E con la semplicità tipica di chi veramente crede ha cominciato col dire che qui e ora è Lui stesso a parlarci: “Non morirò - proclama - resterò in vita”. E ai peccatori oggi dice: “Ricevete la remissione dei peccati. Sono io, infatti la vostra remissione”. A tutti, tramite il Suo Vicario ripete, come si esprime uno scrittore del II secolo, Melitone di Sardi, e interpretando con realismo le parole e il pensiero del Risorto: “Sono io la Pasqua della salvezza, l’Agnello immolato per voi, io il vostro riscatto, io la vostra vita, io la vostra risurrezione, io la vostra luce, io la vostra salvezza, il vostro re. Io vi mostrerò il Padre”.

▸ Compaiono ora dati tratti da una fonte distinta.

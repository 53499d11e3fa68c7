-- ===== src/Topology/Coalitions.antt =====
-- src/topology/coalitions.rs: coalitions as hyperedges over agents as vertices, and joins and leaves
-- that ask a policy first. The manager's state is its hypergraph's; an operation is a `Job` on it.
-- A policy's answer, or its panic, is a parameter, with the type of its score. A policy-gated
-- operation takes the graph's lock anew for each of its reads and for its mutation, and other callers
-- may change the graph between: `meanwhile k` is what they do after the k-th step of the operation.
pub mod History
pub mod Episodes
pub mod Intervals
pub mod Membership
pub mod Gated
pub mod Seeding
use koalisi.Common.{
  ℕ, suc, ◌+◌, ◌≡◌, length, Bool, true, false, not, Option, none, some, List, [], ◌∷◌, ◌++◌, filter,
  contains, ◌==◌, if◌then◌else◌,
}
use koalisi.Topology.Timestamp.{Timestamp, TimeRange}
use koalisi.Topology.Events.{VertexIndex, HyperedgeIndex, SnapshotId}
use koalisi.Topology.Queries.{
  hyperedge_vertices_at, hyperedge_created_at, hyperedge_removed_at, hyperedge_lifespan,
  count_vertices_at, count_hyperedges_at,
}
use koalisi.Topology.Errors.{Outcome, ok, err, panicked, empty_coalition}
use koalisi.Topology.Jobs.{Job, ◌>>=◌, ◌>>◌, pure}
use koalisi.Topology.Hypergraph.{Library}
use koalisi.Topology.Temporal
use koalisi.Topology.Temporal.{
  TemporalHypergraph, get_vertex_weight, get_hyperedge_vertices, get_hyperedge_weight,
  count_vertices, count_hyperedges,
}
use koalisi.Topology.Temporal.Mutations
use koalisi.Topology.Temporal.Mutations.{
  add_vertex, remove_vertex, add_hyperedge, remove_hyperedge, join_hyperedges,
  update_hyperedge_vertices_try, update_vertex_weight, update_hyperedge_weight,
}

-- `Decision`
pub record Decision (Score : Type 0) : Type 0 where
  pub act : Bool
  pub score : Score

-- `CoalitionDecisionPolicy`, asked with a context: the agent's own weight and those of the members.
-- None is a panic of the policy.
pub record Policy (V : Type 0) : Type 1 where
  pub Score : Type 0
  pub zero_score : Score
  pub should_join : V → List V → Option (Decision Score)
  pub should_leave : V → List V → Option (Decision Score)

-- `if !members.contains(&agent) { members.push(agent) }`
unfoldable pub joined : VertexIndex → List VertexIndex → List VertexIndex
joined agent members = if contains members agent then members else members ++ agent ∷ []

-- `members.into_iter().filter(|&v| v != agent)`
abbrev pub without : VertexIndex → List VertexIndex → List VertexIndex
without agent = filter (λ v. not (v == agent))

abbrev pub or_empty : {E : Type 0} → List VertexIndex → Outcome E (List VertexIndex)
or_empty [] = err empty_coalition
or_empty (v ∷ vs) = ok (v ∷ vs)

-- the element of `views` at the first position of `agent` in `members`
abbrev pub view_of : {V : Type 0} → VertexIndex → List VertexIndex → List V → Option V
view_of agent [] views = none
view_of agent (m ∷ ms) [] = none
view_of agent (m ∷ ms) (w ∷ ws) = if m == agent then some w else view_of agent ms ws

module _ {V HE : Type 0} (lib : Library V HE) where
  abbrev pub Action : Type 0 → Type 0
  Action = Job (TemporalHypergraph lib) lib.HypergraphError

  unfoldable pub add_agent : V → Action VertexIndex
  add_agent = add_vertex lib

  unfoldable pub remove_agent : VertexIndex → Action (Unit {0})
  remove_agent = remove_vertex lib

  unfoldable pub form_coalition : List VertexIndex → HE → Action HyperedgeIndex
  form_coalition = add_hyperedge lib

  unfoldable pub dissolve_coalition : HyperedgeIndex → Action (Unit {0})
  dissolve_coalition = remove_hyperedge lib

  unfoldable pub join_coalition : VertexIndex → HyperedgeIndex → Action (Unit {0})
  join_coalition agent coalition =
      update_hyperedge_vertices_try lib coalition (λ members. ok (joined agent members))

  unfoldable pub leave_coalition : VertexIndex → HyperedgeIndex → Action (Unit {0})
  leave_coalition agent coalition =
      update_hyperedge_vertices_try lib coalition (λ members. or_empty (without agent members))

  unfoldable pub merge_coalitions : List HyperedgeIndex → Action (Unit {0})
  merge_coalitions = join_hyperedges lib

  unfoldable pub update_agent : VertexIndex → V → Action (Unit {0})
  update_agent = update_vertex_weight lib

  unfoldable pub update_coalition : HyperedgeIndex → HE → Action (Unit {0})
  update_coalition = update_hyperedge_weight lib

  -- a snapshot cannot fail
  unfoldable pub create_snapshot : TemporalHypergraph lib → TemporalHypergraph lib × SnapshotId
  create_snapshot = Temporal.create_snapshot lib

  unfoldable pub get_coalition : HyperedgeIndex → Action HE
  get_coalition coalition th = (th, get_hyperedge_weight lib th coalition)

  unfoldable pub count_agents : Action ℕ
  count_agents th = (th, count_vertices lib th)

  unfoldable pub count_coalitions : Action ℕ
  count_coalitions th = (th, count_hyperedges lib th)

  unfoldable pub coalition_formed_at : TemporalHypergraph lib → HyperedgeIndex → Option Timestamp
  coalition_formed_at th coalition = hyperedge_created_at th.log coalition

  unfoldable pub coalition_dissolved_at : TemporalHypergraph lib → HyperedgeIndex → Option Timestamp
  coalition_dissolved_at th coalition = hyperedge_removed_at th.log coalition

  unfoldable pub coalition_lifespan : TemporalHypergraph lib → HyperedgeIndex → Option TimeRange
  coalition_lifespan th coalition = hyperedge_lifespan th.log coalition

  unfoldable pub count_agents_at : TemporalHypergraph lib → Timestamp → ℕ
  count_agents_at th t = count_vertices_at th.log t

  unfoldable pub count_coalitions_at : TemporalHypergraph lib → Timestamp → ℕ
  count_coalitions_at th t = count_hyperedges_at th.log t

  -- reads, as actions that change nothing
  unfoldable pub get_agent : VertexIndex → Action V
  get_agent agent th = (th, get_vertex_weight lib th agent)

  unfoldable pub coalition_members : HyperedgeIndex → Action (List VertexIndex)
  coalition_members coalition th = (th, get_hyperedge_vertices lib th coalition)

  -- what other callers do to the shared state, after each step of an operation
  abbrev pub Others : Type 0
  Others = ℕ → TemporalHypergraph lib → TemporalHypergraph lib

  abbrev pub wait : (TemporalHypergraph lib → TemporalHypergraph lib) → Action (Unit {0})
  wait meanwhile th = (meanwhile th, ok tt)

  -- one read for each member, from the step `k` on
  unfoldable pub agent_weights : Others → ℕ → List VertexIndex → Action (List V)
  agent_weights meanwhile k [] = pure []
  agent_weights meanwhile k (m ∷ ms) = do
    weight ← get_agent m
    wait (meanwhile k)
    weights ← agent_weights meanwhile (suc k) ms
    pure (weight ∷ weights)

  unfoldable pub coalition_members_at :
      TemporalHypergraph lib → HyperedgeIndex → Timestamp → Option (List VertexIndex)
  coalition_members_at th coalition t = hyperedge_vertices_at th.log coalition t

  -- `was_member_at`
  unfoldable pub was_member_at :
      TemporalHypergraph lib → VertexIndex → HyperedgeIndex → Timestamp → Bool
  was_member_at th agent coalition t = elim (coalition_members_at th coalition t) [
    | none ↦ false
    | some members ↦ contains members agent
  ]

  -- the policy's answer; its panic ends the operation
  abbrev pub consulted : {Score : Type 0} → Option (Decision Score) → Action (Decision Score)
  consulted none th = (th, panicked)
  consulted (some decision) th = (th, ok decision)

  -- `if decision.act { action.await?; } Ok(decision)`
  unfoldable pub when_act :
      {Score : Type 0} → Decision Score → Action (Unit {0}) → Action (Decision Score)
  when_act decision action = if decision.act then (action >> pure decision) else pure decision

  module _ (policy : Policy V) (meanwhile : Others) where
    unfoldable pub try_join_coalition :
        VertexIndex → HyperedgeIndex → Action (Decision policy.Score)
    try_join_coalition agent coalition = do
      agent_weight ← get_agent agent
      wait (meanwhile 0)
      members ← coalition_members coalition
      wait (meanwhile 1)
      views ← agent_weights meanwhile 2 (without agent members)
      wait (meanwhile (2 + length (without agent members)))
      decision ← consulted (policy.should_join agent_weight views)
      when_act decision (join_coalition agent coalition)

    -- An agent that is not a member has nothing to leave.
    unfoldable pub leave_if :
        VertexIndex → HyperedgeIndex → ℕ → List V → Option V → Action (Decision policy.Score)
    leave_if agent coalition k views none = pure (record { act = false; score = policy.zero_score })
    leave_if agent coalition k views (some agent_view) = do
      wait (meanwhile k)
      decision ← consulted (policy.should_leave agent_view views)
      when_act decision (leave_coalition agent coalition)

    unfoldable pub try_leave_coalition :
        VertexIndex → HyperedgeIndex → Action (Decision policy.Score)
    try_leave_coalition agent coalition = do
      members ← coalition_members coalition
      wait (meanwhile 0)
      views ← agent_weights meanwhile 1 members
      leave_if agent coalition (1 + length members) views (view_of agent members views)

L’incontro del Risorto con Maria Magdalena, le altre donne e con gli Apostoli
Nei primi quaranta giorni della cinquantina pasquale il Risorto ci fa rivivere con Lui i diversi incontri che ebbe dopo la risurrezione: con Maria Magdalena e le altre donne andate al sepolcro di buon mattino, il giorno dopo il sabato, in quella prima Domenica della storia; con gli Apostoli riuniti increduli nel Cenacolo; con Tommaso e altri discepoli, più di cinquecento in una volta sola. Rivivendo queste diverse apparizioni approfondiamo il fondamentale messaggio della Pasqua; ci stimolano a ripercorrere l’itinerario spirituale di quanti hanno incontrato Cristo risorto e lo hanno riconosciuto in quei primi giorni dopo gli eventi pasquali. L’evangelista Giovanni narra che Pietro e lui stesso, udita la notizia data da Maria Maddalena, erano corsi, quasi a gara, verso il sepolcro. Arrivato primo Giovanni, aspetta Pietro e lo segue nel sepolcro: una prima documentazione del carattere gerarchico degli apostoli che documentano, non creano. E i Padri della Chiesa hanno visto in questo rapido affrettarsi verso la tomba vuota un’esortazione a quell’unica competizione legittima tra credenti: la gara nella ricerca e nella comprensione di Cristo. E che dire di Maria Maddalena? Piangente resta accanto alla tomba vuota con l’unico desiderio di sapere dove abbiano portato il suo Maestro. Lo ritrova e lo riconosce quando viene da Lui chiamata per nome (Gv 20,11-18). Anche noi con le nostre domande fondamentali, originarie, “Chi sono? Da dove vengo e dove vado? Perché la presenza del male? cosa ci sarà dopo questa vita?”, se cerchiamo la verità cioè il Signore, il Donatore di ogni essere dono che viene all’esistenza, e lo facciamo con animo semplice e sincero, lo incontreremo, anzi sarà Lui stesso a venirci incontro attraverso la mediazione di qualche volto; si farà riconoscere, ci chiamerà per nome perché le sue pecore lo riconoscono dalla voce, ci farà entrare nell’intimità del suo amore.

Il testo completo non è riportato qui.